THE HOMEBURG MARINE BAND
Where Music is Cherished for its own Sweet Sake Regardless of Dividends
Where you New Yorkers get farthest ahead of us Homeburgers, Jim, is the fact that you can go out and soak yourself in real, soul-hoisting music whenever you feel like it—provided, of course, that you have the price and that some speculator hasn't cornered the tickets, and that you can get home at night in time to get dressed in time to go back to town, and that you have sufficient nerve and endurance to go four rounds with your celebrated subway in the same twenty-four hours.
You can't realize what having music constantly on tap means to a pilgrim from a town where two concerts in a winter is a gorge, and where about the only regular musical diversion is going to church on Sunday morning and betting on where the veteran soprano in the choir is going to hang on to the key or skid on the high turns. You laugh at me because I can't eat down-town unless I am encouraged by a bull fiddle, and because I gulp at free concert tickets like a young robin swallowing worms. But if most of your life had been spent listening to Mrs. Sim Estabrook jumping for middle C about as successfully as a dog jumps for a squirrel in a hickory tree, you'd splash around in melody, too, while you had the chance.
Of course, I don't mean to say that the music canneries don't do as big a business out our way as they do anywhere. I'll bet they ship as much as ten barrels of assorted masterpieces a month into Homeburg for our graphophone cranks; and last winter Wimble Horn broke the piano-player record by tramping out Tannhäuser in seven minutes flat. But while these things educate us and enable us to roll our eyes in the right place in a Wagner number, they don't satisfy the soul any more than souvenir cards from Europe take away a thirst for travel. We want the real thing, and year in and out we're music-hungry. We drive our young folks to the piano and listen to them heroically until they get good, and then they go away to the city where the gate receipts are better and leave us at Lutie Briggs's mercy again. Time and time again the only thing that has stood between Homeburg and a ghastly musical silence has been the Homeburg Marine Band.
That's right! Laugh, darn you! What if Homeburg is twenty miles from the nearest creek? Our band is a lot nearer salt water than your Café de Paris is to France. And, besides, there are only three names for a country band, anyway. If it isn't the Marine Band, it has to be the Military Band, or the Silver Cornet Band. Chet Frazier, who is our village cut-up, says that they named ours the Marine Band years ago, after it had waded out to the cemetery on a wet Memorial Day through our celebrated bottomless roads.
You can't realize what a comfort and pride a band is in a Class X town, unless you have grown up in one. They say this isn't a musical country, but its intentions are certainly good as far as brass bands go. Long before an American town is big enough to have a post-office, its citizens have either organized a brass band or are trying to get another man to move in to complete a quorum. Life never gets so complicated out on the grain elevator circuit that the station agent, school principal, and the two rival blacksmiths, and the city marshal can't lug their horns down-town once a week in the evening and soar sweetly off into melody at band practice—that is, if they can get off on the same beat during the evening.
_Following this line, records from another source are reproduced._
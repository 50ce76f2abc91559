-- ===== src/Rules/Lexer.antt =====
-- The lexer of internal/rules/expr.go. It walks the source by characters: it stops at the first one
-- that is not ASCII, so every position it reaches counts bytes too.
use Prim.Native.String.{String}
use vtt_platform.Prelude.{
  ℕ, suc, ◌+◌, ◌-◌, ◌*◌, ◌^◌, code, Bool, false, not, ◌&&◌, ◌||◌, Option, none, some, ltb, leb,
  nat_eq, if◌then◌else◌,
}
use vtt_platform.Prelude.Int.{ℤ, pos, ltb_ℤ}
use vtt_platform.Rules.Result.{
  Result, ok, fail, unexpected_character, literal_out_of_range, dice_count_out_of_bounds,
  dice_sides_out_of_bounds,
}

pub data TokenKind : Type 0 where
  tok_eof tok_at tok_hash tok_dot tok_lparen tok_rparen tok_comma : TokenKind
  tok_plus tok_minus tok_star tok_slash : TokenKind
  tok_int : ℤ → TokenKind
  tok_dice : ℤ → ℤ → TokenKind
  tok_ident : String → TokenKind

pub record Token : Type 0 where
  pub kind : TokenKind
  pub pos : ℕ

-- What is left of the source, and the position of its first byte.
pub record Lexer : Type 0 where
  pub rest : String
  pub pos : ℕ

abbrev pub is_digit : ℕ → Bool
is_digit c = leb b'0' c && leb c b'9'

abbrev pub is_ident_start : ℕ → Bool
is_ident_start c = nat_eq c b'_' || (leb b'A' c && leb c b'Z') || (leb b'a' c && leb c b'z')

abbrev pub is_ident_cont : ℕ → Bool
is_ident_cont c = is_ident_start c || is_digit c

abbrev pub is_space : ℕ → Bool
is_space c = nat_eq c b' ' || nat_eq c b'\t' || nat_eq c b'\n' || nat_eq c b'\r'

-- The loop that walks on while a class of characters lasts: the text it passes, its length, and
-- what is left.
pub record Walk : Type 0 where
  pub taken : String
  pub count : ℕ
  pub left : String

unfoldable pub walk : (ℕ → Bool) → String → Walk
walk holds String.[] = record { taken = String.[]; count = 0; left = String.[] }
walk holds (String.◌∷◌ c s) =
    let r = walk holds s in
    if holds (code c)
    then record { taken = String.◌∷◌ c r.taken; count = suc r.count; left = r.left }
    else record { taken = String.[]; count = 0; left = String.◌∷◌ c s }

unfoldable pub digits_value : ℕ → String → ℕ
digits_value n String.[] = n
digits_value n (String.◌∷◌ c s) = digits_value (n * 10 + (code c - b'0')) s

-- strconv.Atoi on a run of digits: `none` is its range error.
unfoldable pub atoi : String → Option ℤ
unfolding digits_value
atoi s = let n = digits_value 0 s in if ltb n (2 ^ 63) then some (pos n) else none

abbrev pub min_dice_count : ℤ
min_dice_count = pos 1

abbrev pub max_dice_count : ℤ
max_dice_count = pos 100

abbrev pub min_dice_sides : ℤ
min_dice_sides = pos 1

abbrev pub max_dice_sides : ℤ
max_dice_sides = pos 1000

abbrev pub count_in_bounds : ℤ → Bool
count_in_bounds n = not (ltb_ℤ n min_dice_count || ltb_ℤ max_dice_count n)

abbrev pub sides_in_bounds : ℤ → Bool
sides_in_bounds n = not (ltb_ℤ n min_dice_sides || ltb_ℤ max_dice_sides n)

abbrev pub token : TokenKind → ℕ → ℕ → String → Token × Lexer
token kind start end rest = (record { kind = kind; pos = start }, record { rest = rest; pos = end })

-- A 'd' with a digit behind it.
abbrev pub dice_follows : String → Bool
dice_follows (String.◌∷◌ d (String.◌∷◌ c s)) = nat_eq (code d) b'd' && is_digit (code c)
dice_follows _ = false

abbrev pub past_first : String → String
past_first String.[] = String.[]
past_first (String.◌∷◌ c s) = s

-- The second half of lexNumber: the sides of a dice literal, from the position behind the 'd'.
unfoldable pub lex_sides : ℕ → ℤ → ℕ → Walk → Result (Token × Lexer)
unfolding atoi
lex_sides start count sides_start w = elim (atoi w.taken) [
  | none ↦ fail sides_start literal_out_of_range
  | some sides ↦
      if not (count_in_bounds count)
      then fail start dice_count_out_of_bounds
      else if not (sides_in_bounds sides)
      then fail sides_start dice_sides_out_of_bounds
      else ok (token (tok_dice count sides) start (sides_start + w.count) w.left)
]

unfoldable pub lex_number : ℕ → Walk → Result (Token × Lexer)
unfolding lex_sides walk
lex_number start w = elim (atoi w.taken) [
  | none ↦ fail start literal_out_of_range
  | some count ↦
      if dice_follows w.left
      then lex_sides start count (start + w.count + 1) (walk is_digit (past_first w.left))
      else ok (token (tok_int count) start (start + w.count) w.left)
]

unfoldable pub lex_ident : ℕ → Walk → Result (Token × Lexer)
lex_ident start w = ok (token (tok_ident w.taken) start (start + w.count) w.left)

-- The single characters of the switch in `next`.
unfoldable pub punctuation : ℕ → Option TokenKind
punctuation c =
    if nat_eq c b'@'
    then some tok_at
    else if nat_eq c b'#'
    then some tok_hash
    else if nat_eq c b'.'
    then some tok_dot
    else if nat_eq c b'('
    then some tok_lparen
    else if nat_eq c b')'
    then some tok_rparen
    else if nat_eq c b','
    then some tok_comma
    else if nat_eq c b'+'
    then some tok_plus
    else if nat_eq c b'-'
    then some tok_minus
    else if nat_eq c b'*'
    then some tok_star
    else if nat_eq c b'/'
    then some tok_slash
    else none

-- The switch of `next`, past the spaces.
unfoldable pub lex_at : ℕ → String → Result (Token × Lexer)
unfolding lex_number lex_ident punctuation
lex_at start String.[] = ok (token tok_eof start start String.[])
lex_at start (String.◌∷◌ c s) =
    if is_digit (code c)
    then lex_number start (walk is_digit (String.◌∷◌ c s))
    else if is_ident_start (code c)
    then lex_ident start (walk is_ident_cont (String.◌∷◌ c s))
    else elim (punctuation (code c)) [
      | none ↦ fail start unexpected_character
      | some kind ↦ ok (token kind start (start + 1) s)
    ]

unfoldable pub next : Lexer → Result (Token × Lexer)
unfolding lex_at walk
next l = let w = walk is_space l.rest in lex_at (l.pos + w.count) w.left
I can hear our home band now—up over McMuggins' Drug Store on a summer evening. It's hot—not hot enough to ignite the woodwork, but plenty warm enough to fry eggs on the sidewalks—and the whole town is out on the porches and lawns chasing a breeze, except the band. It is up in the super-heated lodge room of the Modern Woodmen, huddled around two oil lamps, because the less light it has the less heat will be generated, and it is getting ready to practice the "Washington Post March" for the Fourth of July parade. Our band has practiced the "Washington Post March" for over twenty years, but while the band has altered greatly, the grand old piece shows no sign of wear and is as fresh and unconquerable as ever.
Querulous, complaining sounds come from the lodge room. The tenor horns are crooning, and the bass horn blatting gently, while the clarionet players are chasing each other up and down the scale, like squirrels running round and round in a cage. The warming-up exercises are on. They will continue until Frank Sundell shaves his last customer and gets up to the hall with his trombone. You can tell when he comes. He pulls the slide in and out a couple of times with an unearthly chromatic grunt, and then there is a deep, pregnant silence. They are going to begin.
Usually they begin several times. It is as hard to get a band off together in practice as it is to send a dozen horses from the wire. But finally the bass catches up with the cornets, and the others sprint or put on the brakes, and they land on the fourth or fifth beat together.